To appear at (HIPS'99), San Juan, Puerto Rico, USA, April 12, 1999
Abstract
Parallel programming languages like Fortran 90, Nesl, and approaches based
on BMF support operations that manipulate aggregate data structures
as a whole. These operations are usually implemented by using a library of
parallel operations based on an implementation-specific representation of
the aggregate structures. The library routines are often high-level, and
thus, simplify the compiler and encapsulate machine-dependencies. However,
such an approach complicates optimizations aiming at good use of processor
caches and at minimizing communication on distributed-memory machines. We
propose a different implementation technique for aggregate data structures
that allows compiler optimizations on all levels of the memory hierarchy.
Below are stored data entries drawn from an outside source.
-- ===== src/Procmem.antt =====
-- pkg/procmem/procmem.go: the requests of a Tracer on its tracee, and the memory of a process. The
-- kernel may refuse any request; between a resume and the next stop the tracee runs on its own.
pub mod Faultless
pub mod ByPid
use epochd.Base.{
  ℕ, suc, ◌+◌, ◌≡◌, refl, ap, Bool, true, false, Option, none, some, List, [], ◌∷◌, arith,
}
use epochd.Memory.{Memory, write, read}

abbrev pub Errno : Type 0
Errno = ℕ

-- The general-purpose registers that the program sets, and the others.
pub record Regs : Type 0 where
  pub rip : ℕ
  pub rax : ℕ
  pub rdi : ℕ
  pub rsi : ℕ
  pub rdx : ℕ
  pub r10 : ℕ
  pub r8 : ℕ
  pub r9 : ℕ
  pub others : ℕ

pub data WaitStatus : Type 0 where
  stopped : ℕ → WaitStatus
  exited : ℕ → WaitStatus
  signaled : ℕ → WaitStatus

-- A tracee and its Tracer: `attached` is whether the tracee is under ptrace, `requests` counts the
-- requests made.
pub record Machine : Type 0 where
  pub mem : Memory
  pub regs : Regs
  pub attached : Bool
  pub requests : ℕ
  pub detaches : List ℕ  -- which of the requests were detaches, the last first

-- The kernel and the tracee: which requests fail, how a wait ends, what the tracee's memory and
-- registers are when it stops again after a resume.
pub record Env : Type 0 where
  pub fails : ℕ → Option Errno
  pub status : ℕ → WaitStatus
  pub run : Machine → Memory × Regs

-- The errors of the injection.
pub data Error : Type 0 where
  request_failed : Errno → Error
  no_free_page : Error
  not_located : Error
  bad_stop : WaitStatus → Error
  mmap_failed : Errno → Error
  attempts_exhausted : Error
  displacement_overflow : ℕ → Error

pub data Result (A : Type 0) : Type 0 where
  ok : A → Result A
  err : Error → Result A

-- What was done before an error stays done, so the machine comes back beside the error too.
abbrev pub M : Type 0 → Type 0
M A = Machine → Result A × Machine

abbrev pub pure : {A : Type 0} → A → M A
pure a s = (ok a, s)

abbrev pub fail : {A : Type 0} → Error → M A
fail e s = (err e, s)

abbrev pub continue : {A B : Type 0} → (A → M B) → Result A → M B
continue f (ok a) s = f a s
continue f (err e) s = (err e, s)

infixl 10 ◌>>=◌ ◌>>◌
abbrev pub ◌>>=◌ : {A B : Type 0} → M A → (A → M B) → M B
◌>>=◌ m f s = continue f (m s).0 (m s).1

abbrev pub ◌>>◌ : {B : Type 0} → M Unit → M B → M B
m >> n = m >>= λ _. n

err≢ok : {B : Type 0} {x : Error} {b : B} → err x ≡ ok b → ⊥
err≢ok e = cc

continue_ok :
    {A B : Type 0} (f : A → M B) (r : Result A) (s s' : Machine) (b : B)
    → continue f r s ≡ (ok b, s')
    → (a : A) × (r ≡ ok a) × (f a s ≡ (ok b, s'))
continue_ok f (ok a) s s' b e = (a, refl, e)
continue_ok f (err x) s s' b e = absurd (err≢ok (ap (λ p. p.0) e))

-- Inversion of a bind that succeeds.
pub bind_ok :
    {A B : Type 0} (m : M A) (f : A → M B) (s s' : Machine) (b : B)
    → (m >>= f) s ≡ (ok b, s')
    → (a : A) × ((m s).0 ≡ ok a) × (f a (m s).1 ≡ (ok b, s'))
bind_ok m f s s' b e = continue_ok f (m s).0 (m s).1 s' b e

-- What holds after both parts of a bind holds after the bind.
pub continue_elim :
    {A B : Type 0} (P : Result B × Machine → Type 0) (f : A → M B) (r : Result A) (s : Machine)
    → ((e : Error) → r ≡ err e → P (err e, s))
    → ((a : A) → P (f a s))
    → P (continue f r s)
continue_elim P f (ok a) s failed went = went a
continue_elim P f (err e) s failed went = failed e refl

module _ (env : Env) where
  -- The error of the next request, if it has one.
  abbrev pub request : M Unit
  request s = elim (env.fails s.requests) [
    | none ↦ (ok tt, record s { requests = suc s.requests })
    | some e ↦ (err (request_failed e), record s { requests = suc s.requests })
  ]

  unfoldable pub detach : M Unit
  detach s =
      (request >>= λ _ s'. (ok tt, record s' { attached = false }))
        (record s { detaches = s.requests ∷ s.detaches })

  -- An error, after a detach whose own error is dropped.
  unfoldable pub give_up : Error → M Unit
  unfolding detach
  give_up e s = (err e, (detach s).1)

  abbrev pub or_give_up : (Error → M Unit) → Result Unit × Machine → Result Unit × Machine
  or_give_up recover (ok _, s) = (ok tt, s)
  or_give_up recover (err e, s) = recover e s

  -- PTRACE_SEIZE, PTRACE_INTERRUPT and the wait for the stop.
  unfoldable pub seize : M Unit
  unfolding give_up
  seize = do request; λ s. or_give_up give_up ((request >> request) (record s { attached = true }))

  abbrev follow_status : WaitStatus → M Unit
  follow_status (stopped _) s = (ok tt, s)
  follow_status status s = (err (bad_stop status), record s { attached = false })

  -- cmd.Start with PTRACE_TRACEME, and the wait for the first stop.
  unfoldable pub start_and_follow_child : M Unit
  start_and_follow_child = do
    request
    λ s.
        (request >>= λ _ s'. follow_status (env.status s'.requests) s')
          (record s { attached = true })

  unfoldable pub get_regs : M Regs
  get_regs = do request; λ s. (ok s.regs, s)

  unfoldable pub set_regs : Regs → M Unit
  set_regs r = do request; λ s. (ok tt, record s { regs = r })

  -- The tracee runs until it stops again; the stop is reported by `wait`.
  unfoldable pub cont : M Unit
  cont = do
    request
    λ s. let (mem, regs) = env.run s in (ok tt, record s { mem = mem; regs = regs })

  unfoldable pub wait : M WaitStatus
  wait = do request; λ s. (ok (env.status s.requests), s)

  unfoldable pub poke_text : ℕ → List ℕ → M Unit
  poke_text addr bytes = do request; λ s. (ok tt, record s { mem = write s.mem addr bytes })

  unfoldable pub set_options : M Unit
  set_options = request

  unfoldable pub read_mem : ℕ → ℕ → M (List ℕ)
  read_mem addr n = do request; λ s. (ok (read n s.mem addr), s)

  unfoldable pub write_mem : ℕ → List ℕ → M Unit
  write_mem addr bytes = do request; λ s. (ok tt, record s { mem = write s.mem addr bytes })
By breaking the abstraction enforced by a library, optimizations across
multiple operations become possible and data distribution gets more
flexible. We outline an intermediate language that distinguishes local and
distributed data structures and separates local from global operations.
This language allows to implement the mentioned optimizations by program
transformation---as a result, the optimizations are easy to comprehend, the
compiler can be well structured, optimizations are easily re-ordered, and
the optimizations can be proved correct individually. Finally, we report on
first results obtained by applying our approach to the implementation of
nested data parallelism on distributed-memory machines.